Father Frans van der Lugt was born on April 10, 1938 in the Netherlands and entered the Society of Jesus in 1959.
During 50 years he has been active in Syria, working in education and in a project for disabled people. Since the beginning of the civil war he wanted to stay with the local population (Christians and Muslims) in the Centre of Homs as a man of peace, even when some weeks ago part of the enclosed population had been allowed to be rescued.
Our British Jesuit provincial, Fr Dermot Preston SJ, is currently traveling back from Guyana and in a message to me last night he said: “In amongst the mayhem of Homs, it is perhaps characteristic of Fr Frans that the only personal thing that he had been feeling the lack of in the last couple of years were new batteries for his hearing-aid. May he rest in the Peace of Christ.”
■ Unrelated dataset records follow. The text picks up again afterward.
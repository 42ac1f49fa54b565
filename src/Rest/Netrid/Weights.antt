-- ===== src/Rest/Netrid/Weights.antt =====
-- What the Network Remote ID endpoint of server/src/rest/api/netrid.rs adds to a measure of the history.
use svc_telemetry.Base.{ℕ, ◌+◌, ◌≤◌, arith, ok, Bool-cases, Option-cases, inl, inr, length, ◌==◌}
use svc_telemetry.World.{Event, Bytes, History, Io, return, ◌>>=◌}
use svc_telemetry.World.Tally.{
  tally, IsQuiet, Adds, IsQuiet-Adds, bind-Adds, bind-IsQuiet, lift-IsQuiet,
}
use svc_telemetry.Cache.{TelemetryPools, bytes_to_key}
use svc_telemetry.Cache.Pool.Pipelines.{increment_history}
use svc_telemetry.Cache.Pool.Quiet.{IsIdle}
use svc_telemetry.Msg.Netrid.Fields.{MessageType}
use svc_telemetry.Msg.Netrid.Clock.{Chrono}
use svc_telemetry.Rest.Jwt.{Claim}
use svc_telemetry.Rest.Service.{Service}
use svc_telemetry.Rest.Status.{StatusCode}
use svc_telemetry.Rest.Netrid.{
  Unpack, process_message, on_count, count_reporters, network_remote_id, cache_expire_ms_netrid,
}
use svc_telemetry.Rest.Netrid.Replies.{counting}
use svc_telemetry.Rest.Netrid.Quiet.{IsUnheard, process_message-IsQuiet}

module _ (c : Chrono) (sv : Service c) (un : Unpack) (weigh : Event → ℕ)
    (idle : IsIdle sv.backends weigh) (unheard : IsUnheard weigh) where
  count_reporters-Adds :
      (pools : TelemetryPools) (t : MessageType) (payload : Bytes)
      → Adds weigh
          (weigh (counting c sv un pools payload))
          (count_reporters c sv un pools t payload)
  unfolding count_reporters Adds tally
  count_reporters-Adds pools t payload h = ground (
    arith,
    increment_history sv.backends pools.netrid (bytes_to_key payload) cache_expire_ms_netrid h,
  )

  on_count-IsQuiet :
      (n : ℕ) (p : Io StatusCode (Unit {0}))
      → IsQuiet weigh p
      → IsQuiet weigh (on_count c sv un n p)
  unfolding on_count IsQuiet
  on_count-IsQuiet n p q h = ground (arith, q h)

  counted-Adds :
      (pools : TelemetryPools) (t : MessageType) (payload : Bytes) (p : Io StatusCode (Unit {0}))
      → IsQuiet weigh p
      → (h : History)
      → (tally weigh h
          ≤ tally weigh
              ((count_reporters c sv un pools t payload >>= λ n. on_count c sv un n p) h).1)
        × (tally weigh ((count_reporters c sv un pools t payload >>= λ n. on_count c sv un n p) h).1
            ≤ weigh (counting c sv un pools payload) + tally weigh h)
  unfolding Adds
  counted-Adds pools t payload p q h =
      let (a, b) =
        bind-Adds weigh (count_reporters c sv un pools t payload) (λ n. on_count c sv un n p)
          (weigh (counting c sv un pools payload)) 0 (count_reporters-Adds pools t payload)
          (λ n. IsQuiet-Adds weigh _ 0 (on_count-IsQuiet n p q)) h in
      (a, omega (arith, b))

  -- A request adds at most the weight of its own increment.
  pub network_remote_id-Adds :
      (pools : TelemetryPools) (claim : Claim) (payload : Bytes)
      → Adds weigh
          (weigh (counting c sv un pools payload))
          (network_remote_id c sv un pools claim payload)
  unfolding network_remote_id Adds
  network_remote_id-Adds pools claim payload h = elim (Bool-cases (length payload == 25)) [
    | inr q ↦ rw q (omega arith, omega arith)
    | inl q ↦ elim (Option-cases (un.frame payload)) [
      | inl w ↦ rw q (rw w (omega arith, omega arith))
      | inr (f, w) ↦ rw q (
          rw w (
            counted-Adds pools f.header.message_type payload _
              (process_message-IsQuiet c sv weigh idle unheard un f.header.message_type claim.sub
                f.message)
              h))
    ]
  ]

  -- The processing of a packet has no weight.
  pub process-IsQuiet :
      (t : MessageType) (sub message : Bytes)
      → IsQuiet {A = ℕ} weigh (process_message c sv un t sub message >>= λ _. return 1)
  process-IsQuiet t sub message =
      bind-IsQuiet weigh {A = Unit {0}} {B = ℕ} _ (λ u. return 1)
        (process_message-IsQuiet c sv weigh idle unheard un t sub message)
        λ u. lift-IsQuiet weigh (ok 1)
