-- ===== src/Rest/Server/Marks.antt =====
-- Measures of a history that tell one ADS-B packet from the others, and what the telemetry handlers of
-- server/src/rest/api/ add to them.
use svc_telemetry.Base.{
  ℕ, ◌+◌, ◌≤◌, ◌<◌, ◌≡◌, refl, ◌∙◌, ap, arith, true, ◌&&◌, List, [], ◌∷◌, All, same, same_ext,
  if◌then◌else◌,
}
use svc_telemetry.World.{Event, publish, insert, pipeline, Step, Bytes, History}
use svc_telemetry.World.Tally.{tally, Adds}
use svc_telemetry.Amqp.{exchange_name_telemetry, routing_key_adsb}
use svc_telemetry.Cache.{bytes_to_key}
use svc_telemetry.Cache.Keys.{bytes_to_key-injective}
use svc_telemetry.Cache.Pool.Pipelines.{increment_steps}
use svc_telemetry.Cache.Pool.Quiet.{IsIdle}
use svc_telemetry.Cache.Pool.Counting.{event_incrs, event_incrs-increment_steps}
use svc_telemetry.Rest.Netrid as Netrid
use svc_telemetry.Rest.Jwt.{Claim}
use svc_telemetry.Rest.Netrid.Replies.{counting as netrid_counting}
use svc_telemetry.Rest.Netrid.Quiet.{IsUnheard}
use svc_telemetry.Rest.Netrid.Weights.{network_remote_id-Adds}
use svc_telemetry.Rest.Adsb as Adsb
use svc_telemetry.Rest.Adsb.Weights.{IsLight, adsb-Adds}
use svc_telemetry.Rest.Adsb.Duplicates.{packet_key, counting}
use svc_telemetry.Rest.Server.{Site, service_pools}
use svc_telemetry.Rest.Server.Runs.{is_declaration}

-- The INCRs of an ADS-B packet's key are the reports of that packet.
pub netrid_incrs :
    (p : Bytes) (key : Bytes) (ms : ℕ)
    → event_incrs
        (packet_key service_pools p)
        (pipeline (increment_steps service_pools.netrid key ms))
      ≡ 0
unfolding same
netrid_incrs p key ms =
    event_incrs-increment_steps service_pools.netrid key (packet_key service_pools p) ms

pub adsb_incrs :
    (p q : Bytes)
    → All (λ b. b < 256) p
    → All (λ b. b < 256) q
    → event_incrs (packet_key service_pools p) (counting service_pools q)
      ≡ (if same p q then 1 else 0)
unfolding same
adsb_incrs p q hp hq =
    let e =
      same_ext (bytes_to_key p) (bytes_to_key q) p q (bytes_to_key-injective p q hp hq)
        (λ w. ap bytes_to_key w) in
    event_incrs-increment_steps service_pools.adsb (bytes_to_key q) (packet_key service_pools p) _
    ∙ rw e refl

-- What counts the messages, or the records, of one packet only.
pub record IsMark (p : Bytes) (weigh : Event → ℕ) : Type 0 where
  pub pipelines : (steps : List Step) → weigh (pipeline steps) ≡ 0
  pub unheard : IsUnheard weigh
  pub declared : (e : Event) → is_declaration e ≡ true → weigh e ≡ 0
  pub light : (q : Bytes) → IsLight weigh q (if same p q then 1 else 0)

-- The messages with a packet under the routing key of ADS-B.
abbrev pub publishes : Bytes → Event → ℕ
publishes p (publish exchange routing_key msg) =
    if same exchange exchange_name_telemetry && (same routing_key routing_key_adsb && same p msg)
    then 1
    else 0
publishes p _ = 0

-- The records of a packet.
abbrev pub inserts : Bytes → Event → ℕ
inserts p (insert icao message_type payload) = if same p payload then 1 else 0
inserts p _ = 0

pub publishes-IsMark : (p : Bytes) → IsMark p (publishes p)
unfolding same
publishes-IsMark p = record {
  pipelines = λ steps. refl;
  unheard = record { id = λ m. refl; position = λ m. refl; velocity = λ m. refl };
  declared = λ e d. ground arith;
  light = λ q icao. ground arith;
}

pub inserts-IsMark : (p : Bytes) → IsMark p (inserts p)
inserts-IsMark p = record {
  pipelines = λ steps. refl;
  unheard = record { id = λ m. refl; position = λ m. refl; velocity = λ m. refl };
  declared = λ e d. ground arith;
  light = λ q icao. ground arith;
}

pub declared_tally :
    (weigh : Event → ℕ) (h : History)
    → ((e : Event) → is_declaration e ≡ true → weigh e ≡ 0)
    → All (λ e. is_declaration e ≡ true) h
    → tally weigh h ≡ 0
unfolding tally
declared_tally weigh [] f d = refl
declared_tally weigh (e ∷ h) f (d, ds) = omega (arith, f e d, declared_tally weigh h f ds)

pub event_incrs-declared : (k : Bytes) (e : Event) → is_declaration e ≡ true → event_incrs k e ≡ 0
unfolding event_incrs
event_incrs-declared k e d = ground arith

pub incrs-IsUnheard : (k : Bytes) → IsUnheard (event_incrs k)
unfolding event_incrs
incrs-IsUnheard k = record { id = λ m. refl; position = λ m. refl; velocity = λ m. refl }

pub incrs-IsLight : (k q : Bytes) → IsLight (event_incrs k) q 0
unfolding event_incrs
incrs-IsLight k q icao = omega arith

module _ (site : Site) where
  open site use {chrono, service, libm, deku, unpack}

  unfoldable pub netrid_handler : Claim → Bytes → History → History
  netrid_handler claim q h =
      (Netrid.network_remote_id chrono service unpack service_pools claim q h).1

  unfoldable pub adsb_handler : Bytes → History → History
  adsb_handler q h = (Adsb.adsb chrono service libm deku service_pools q h).1

  module _ (weigh : Event → ℕ) (idle : IsIdle (service.backends) weigh) where
    pub netrid_tally :
        (claim : Claim) (q : Bytes) (h : History)
        → IsUnheard weigh
        → weigh (netrid_counting chrono service unpack service_pools q) ≡ 0
        → tally weigh (netrid_handler claim q h) ≡ tally weigh h
    unfolding netrid_handler Adds
    netrid_tally claim q h un z =
        let (a, b) =
          network_remote_id-Adds chrono service unpack weigh idle un service_pools claim q h in
        omega (arith, a, b, z)

    pub adsb_tally :
        (q : Bytes) (n : ℕ) (h : History)
        → IsLight weigh q n
        → (tally weigh h ≤ tally weigh (adsb_handler q h))
          × (tally weigh (adsb_handler q h) ≤ weigh (counting service_pools q) + n + tally weigh h)
    unfolding adsb_handler Adds
    adsb_tally q n h light = adsb-Adds chrono service libm deku weigh idle service_pools q n light h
Fr Franz had worked in Syria since 1967 and had been looking after 89 Christians trapped in the Old City who were sheltering in an old monastery. In February the number fell to about 20 or 25, after a three-day truce between warring sides allowed people to leave the Old City, but a fellow Jesuit, Fr Ziad Hillal reported that his confrere had remained to take care of those who could not leave.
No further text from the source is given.